▶ [Work instructions]: Extract every line below that contains the word "fits".

***

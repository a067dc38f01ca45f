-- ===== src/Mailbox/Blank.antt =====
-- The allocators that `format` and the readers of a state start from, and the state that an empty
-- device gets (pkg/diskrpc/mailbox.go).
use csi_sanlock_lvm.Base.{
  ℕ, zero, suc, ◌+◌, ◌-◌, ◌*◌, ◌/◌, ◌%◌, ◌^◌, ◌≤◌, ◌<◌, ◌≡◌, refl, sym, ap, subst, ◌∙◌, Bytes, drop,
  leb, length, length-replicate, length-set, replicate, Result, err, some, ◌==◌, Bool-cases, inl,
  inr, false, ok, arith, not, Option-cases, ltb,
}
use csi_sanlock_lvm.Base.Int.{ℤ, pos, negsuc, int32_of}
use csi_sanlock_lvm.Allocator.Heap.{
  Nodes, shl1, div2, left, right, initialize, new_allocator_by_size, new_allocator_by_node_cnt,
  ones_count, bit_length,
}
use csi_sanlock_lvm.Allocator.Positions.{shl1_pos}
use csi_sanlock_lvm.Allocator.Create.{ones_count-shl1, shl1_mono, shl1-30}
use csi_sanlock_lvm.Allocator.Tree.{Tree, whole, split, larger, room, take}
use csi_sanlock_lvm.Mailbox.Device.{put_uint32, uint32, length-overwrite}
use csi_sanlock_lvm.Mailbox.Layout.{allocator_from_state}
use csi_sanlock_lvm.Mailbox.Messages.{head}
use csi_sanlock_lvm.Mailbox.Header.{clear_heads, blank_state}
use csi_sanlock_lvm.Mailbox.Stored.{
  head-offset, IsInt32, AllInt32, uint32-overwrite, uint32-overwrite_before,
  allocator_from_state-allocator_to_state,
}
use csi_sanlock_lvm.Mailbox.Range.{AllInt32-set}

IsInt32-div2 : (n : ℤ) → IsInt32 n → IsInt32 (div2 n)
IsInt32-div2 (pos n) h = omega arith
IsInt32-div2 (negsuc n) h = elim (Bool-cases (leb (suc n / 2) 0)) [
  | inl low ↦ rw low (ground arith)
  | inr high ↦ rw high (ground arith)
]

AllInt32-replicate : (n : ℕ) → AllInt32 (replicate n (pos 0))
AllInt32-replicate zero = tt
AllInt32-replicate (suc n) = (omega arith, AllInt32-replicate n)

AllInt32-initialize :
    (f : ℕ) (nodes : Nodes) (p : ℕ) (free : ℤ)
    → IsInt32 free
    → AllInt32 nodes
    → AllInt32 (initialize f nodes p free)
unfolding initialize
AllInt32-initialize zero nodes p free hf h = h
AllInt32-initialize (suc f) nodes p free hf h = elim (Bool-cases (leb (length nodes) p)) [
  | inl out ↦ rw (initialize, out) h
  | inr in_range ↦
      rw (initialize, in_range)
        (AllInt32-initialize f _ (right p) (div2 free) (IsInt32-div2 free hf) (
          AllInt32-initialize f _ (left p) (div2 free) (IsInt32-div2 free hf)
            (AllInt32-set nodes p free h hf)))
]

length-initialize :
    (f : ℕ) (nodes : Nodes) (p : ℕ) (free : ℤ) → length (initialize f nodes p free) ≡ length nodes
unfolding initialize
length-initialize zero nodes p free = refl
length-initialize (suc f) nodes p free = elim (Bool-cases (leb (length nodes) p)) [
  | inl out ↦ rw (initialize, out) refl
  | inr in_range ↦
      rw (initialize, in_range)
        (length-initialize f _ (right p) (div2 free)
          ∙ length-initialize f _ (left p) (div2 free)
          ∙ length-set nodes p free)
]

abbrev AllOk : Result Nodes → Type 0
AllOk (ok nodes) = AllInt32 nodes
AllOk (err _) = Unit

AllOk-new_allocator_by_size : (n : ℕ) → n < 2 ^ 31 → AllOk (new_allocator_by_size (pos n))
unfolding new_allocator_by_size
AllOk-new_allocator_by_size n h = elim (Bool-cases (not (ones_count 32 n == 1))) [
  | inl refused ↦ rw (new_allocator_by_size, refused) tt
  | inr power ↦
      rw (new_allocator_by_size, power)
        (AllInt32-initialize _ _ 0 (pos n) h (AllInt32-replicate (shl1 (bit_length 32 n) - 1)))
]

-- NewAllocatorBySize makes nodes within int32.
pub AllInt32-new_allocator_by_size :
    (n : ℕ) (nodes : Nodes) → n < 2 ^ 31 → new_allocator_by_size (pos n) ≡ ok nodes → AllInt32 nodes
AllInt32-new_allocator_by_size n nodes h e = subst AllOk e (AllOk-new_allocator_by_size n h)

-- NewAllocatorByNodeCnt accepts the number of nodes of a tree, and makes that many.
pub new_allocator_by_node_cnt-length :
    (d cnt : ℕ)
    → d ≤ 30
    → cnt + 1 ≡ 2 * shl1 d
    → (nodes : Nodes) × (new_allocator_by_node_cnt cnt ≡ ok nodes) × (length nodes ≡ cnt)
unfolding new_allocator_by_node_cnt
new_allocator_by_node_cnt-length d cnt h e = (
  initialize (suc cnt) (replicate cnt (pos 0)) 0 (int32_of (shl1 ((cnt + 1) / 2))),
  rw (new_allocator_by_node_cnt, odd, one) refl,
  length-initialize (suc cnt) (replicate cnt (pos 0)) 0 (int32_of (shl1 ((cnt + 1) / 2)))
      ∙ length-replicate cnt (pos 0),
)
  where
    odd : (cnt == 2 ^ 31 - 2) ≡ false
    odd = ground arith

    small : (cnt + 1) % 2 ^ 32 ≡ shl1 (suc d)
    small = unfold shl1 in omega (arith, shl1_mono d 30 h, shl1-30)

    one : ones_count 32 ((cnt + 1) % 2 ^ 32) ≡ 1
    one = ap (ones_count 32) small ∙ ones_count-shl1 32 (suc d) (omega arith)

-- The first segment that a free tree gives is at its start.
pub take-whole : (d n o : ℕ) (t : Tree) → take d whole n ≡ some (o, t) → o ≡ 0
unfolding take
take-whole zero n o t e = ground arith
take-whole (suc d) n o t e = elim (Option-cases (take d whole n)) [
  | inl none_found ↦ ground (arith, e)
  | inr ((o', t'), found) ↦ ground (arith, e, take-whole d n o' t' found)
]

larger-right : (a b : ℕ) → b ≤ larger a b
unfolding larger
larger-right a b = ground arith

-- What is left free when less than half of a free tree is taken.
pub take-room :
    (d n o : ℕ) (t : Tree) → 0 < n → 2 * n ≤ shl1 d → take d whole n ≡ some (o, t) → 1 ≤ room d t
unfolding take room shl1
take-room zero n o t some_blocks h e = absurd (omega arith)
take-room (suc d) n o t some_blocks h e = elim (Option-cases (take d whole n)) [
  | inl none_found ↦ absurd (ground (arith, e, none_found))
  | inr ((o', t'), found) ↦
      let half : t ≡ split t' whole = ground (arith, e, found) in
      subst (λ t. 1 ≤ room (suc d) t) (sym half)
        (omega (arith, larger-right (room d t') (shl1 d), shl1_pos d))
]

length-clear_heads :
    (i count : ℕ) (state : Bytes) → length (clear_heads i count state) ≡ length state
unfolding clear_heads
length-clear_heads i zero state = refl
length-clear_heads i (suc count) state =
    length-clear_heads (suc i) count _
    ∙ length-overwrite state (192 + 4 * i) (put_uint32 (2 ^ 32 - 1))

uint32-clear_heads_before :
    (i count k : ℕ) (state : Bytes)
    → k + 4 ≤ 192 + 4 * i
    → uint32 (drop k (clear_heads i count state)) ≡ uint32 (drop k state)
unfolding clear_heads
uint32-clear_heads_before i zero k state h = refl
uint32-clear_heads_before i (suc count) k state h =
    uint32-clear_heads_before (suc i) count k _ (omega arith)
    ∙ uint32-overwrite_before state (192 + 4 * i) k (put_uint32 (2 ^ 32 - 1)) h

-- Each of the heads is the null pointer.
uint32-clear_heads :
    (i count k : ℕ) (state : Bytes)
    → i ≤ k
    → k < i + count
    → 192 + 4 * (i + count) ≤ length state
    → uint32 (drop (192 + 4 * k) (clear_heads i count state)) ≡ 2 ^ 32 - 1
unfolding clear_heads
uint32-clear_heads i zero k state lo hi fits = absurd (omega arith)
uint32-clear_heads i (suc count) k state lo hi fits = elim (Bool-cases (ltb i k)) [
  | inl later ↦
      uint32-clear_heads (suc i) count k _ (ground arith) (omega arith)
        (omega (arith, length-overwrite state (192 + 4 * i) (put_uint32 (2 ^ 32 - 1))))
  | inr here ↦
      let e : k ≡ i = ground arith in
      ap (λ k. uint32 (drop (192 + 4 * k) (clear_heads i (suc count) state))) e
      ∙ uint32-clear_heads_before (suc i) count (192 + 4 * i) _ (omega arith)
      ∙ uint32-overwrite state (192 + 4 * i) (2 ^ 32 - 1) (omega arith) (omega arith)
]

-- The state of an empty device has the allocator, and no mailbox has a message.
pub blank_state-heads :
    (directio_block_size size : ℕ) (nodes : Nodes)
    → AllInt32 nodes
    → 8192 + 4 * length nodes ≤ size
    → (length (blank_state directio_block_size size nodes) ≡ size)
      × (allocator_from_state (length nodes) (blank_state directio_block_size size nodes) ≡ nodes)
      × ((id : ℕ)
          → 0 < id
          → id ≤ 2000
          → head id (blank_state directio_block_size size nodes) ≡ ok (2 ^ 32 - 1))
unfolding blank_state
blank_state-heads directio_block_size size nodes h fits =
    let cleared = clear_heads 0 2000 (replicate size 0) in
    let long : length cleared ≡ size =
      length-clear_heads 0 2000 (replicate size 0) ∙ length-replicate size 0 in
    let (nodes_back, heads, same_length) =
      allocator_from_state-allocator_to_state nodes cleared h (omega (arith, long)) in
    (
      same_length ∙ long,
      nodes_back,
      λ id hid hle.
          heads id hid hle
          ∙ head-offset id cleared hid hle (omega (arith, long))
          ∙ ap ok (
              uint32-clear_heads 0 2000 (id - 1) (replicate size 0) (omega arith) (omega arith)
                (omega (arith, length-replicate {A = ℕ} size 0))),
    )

***

▶ [Task solution]:
uint32-clear_heads i zero k state lo hi fits = absurd (omega arith)
uint32-clear_heads i (suc count) k state lo hi fits = elim (Bool-cases (ltb i k)) [
blank_state-heads directio_block_size size nodes h fits =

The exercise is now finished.